* ASSIGNED TASK
Your response should be an exact reproduction of the data below, beginning at the line containing "intrinsics_from_manifest manifest = do" and ending with the final line.

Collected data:
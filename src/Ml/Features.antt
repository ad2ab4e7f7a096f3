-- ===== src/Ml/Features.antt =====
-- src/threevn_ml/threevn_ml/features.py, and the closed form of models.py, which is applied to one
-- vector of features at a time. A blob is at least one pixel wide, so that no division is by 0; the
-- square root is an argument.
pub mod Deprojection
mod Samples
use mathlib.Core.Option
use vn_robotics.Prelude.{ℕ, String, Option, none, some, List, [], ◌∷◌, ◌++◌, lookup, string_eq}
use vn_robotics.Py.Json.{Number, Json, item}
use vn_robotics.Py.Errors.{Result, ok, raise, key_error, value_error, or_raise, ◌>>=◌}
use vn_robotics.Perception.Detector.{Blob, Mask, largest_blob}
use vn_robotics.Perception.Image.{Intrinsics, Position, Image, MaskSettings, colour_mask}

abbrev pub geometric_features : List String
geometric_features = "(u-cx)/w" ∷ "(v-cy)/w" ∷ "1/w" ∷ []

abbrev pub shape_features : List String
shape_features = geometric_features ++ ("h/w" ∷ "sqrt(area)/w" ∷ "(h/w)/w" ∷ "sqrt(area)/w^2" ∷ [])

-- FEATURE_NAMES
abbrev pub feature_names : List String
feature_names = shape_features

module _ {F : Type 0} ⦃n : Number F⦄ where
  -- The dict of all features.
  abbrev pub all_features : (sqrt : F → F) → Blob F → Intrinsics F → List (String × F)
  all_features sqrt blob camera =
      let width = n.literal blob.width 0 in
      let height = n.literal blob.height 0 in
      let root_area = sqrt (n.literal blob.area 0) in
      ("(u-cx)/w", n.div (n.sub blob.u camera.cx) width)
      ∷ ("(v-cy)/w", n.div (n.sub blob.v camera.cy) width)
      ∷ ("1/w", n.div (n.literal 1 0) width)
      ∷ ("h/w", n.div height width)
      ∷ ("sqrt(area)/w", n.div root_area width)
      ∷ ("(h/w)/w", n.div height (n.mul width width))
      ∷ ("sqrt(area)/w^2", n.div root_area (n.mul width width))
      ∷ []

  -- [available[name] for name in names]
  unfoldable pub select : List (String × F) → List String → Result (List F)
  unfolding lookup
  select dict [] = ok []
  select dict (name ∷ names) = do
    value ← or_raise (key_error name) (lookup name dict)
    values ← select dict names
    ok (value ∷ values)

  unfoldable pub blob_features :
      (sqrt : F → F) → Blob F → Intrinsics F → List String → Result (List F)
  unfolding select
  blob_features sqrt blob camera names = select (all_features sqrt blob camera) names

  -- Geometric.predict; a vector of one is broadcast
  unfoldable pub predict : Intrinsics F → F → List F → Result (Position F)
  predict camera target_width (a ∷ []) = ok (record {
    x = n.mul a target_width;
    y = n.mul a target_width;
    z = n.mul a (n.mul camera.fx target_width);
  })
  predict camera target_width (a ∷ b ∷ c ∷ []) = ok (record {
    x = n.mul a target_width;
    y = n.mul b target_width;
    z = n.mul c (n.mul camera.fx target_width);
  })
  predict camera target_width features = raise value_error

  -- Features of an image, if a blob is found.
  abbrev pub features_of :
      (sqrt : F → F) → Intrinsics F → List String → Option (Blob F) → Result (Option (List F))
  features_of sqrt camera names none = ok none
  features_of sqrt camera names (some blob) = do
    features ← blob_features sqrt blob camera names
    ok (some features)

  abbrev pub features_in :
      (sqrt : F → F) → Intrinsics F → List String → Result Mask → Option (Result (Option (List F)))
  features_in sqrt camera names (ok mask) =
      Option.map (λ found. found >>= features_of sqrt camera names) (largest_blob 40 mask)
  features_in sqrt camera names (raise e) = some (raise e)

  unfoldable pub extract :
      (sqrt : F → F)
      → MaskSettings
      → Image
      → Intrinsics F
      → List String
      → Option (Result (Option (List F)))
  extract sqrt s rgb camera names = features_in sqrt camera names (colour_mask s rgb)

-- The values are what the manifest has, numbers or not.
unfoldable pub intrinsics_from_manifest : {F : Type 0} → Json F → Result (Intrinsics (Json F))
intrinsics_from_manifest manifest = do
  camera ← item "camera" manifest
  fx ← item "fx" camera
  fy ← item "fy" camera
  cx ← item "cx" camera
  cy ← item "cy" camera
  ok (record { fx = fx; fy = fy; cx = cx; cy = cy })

* EXERCISE ANSWER
intrinsics_from_manifest manifest = do
  camera ← item "camera" manifest
  fx ← item "fx" camera
  fy ← item "fy" camera
  cx ← item "cx" camera
  cy ← item "cy" camera
  ok (record { fx = fx; fy = fy; cx = cx; cy = cy })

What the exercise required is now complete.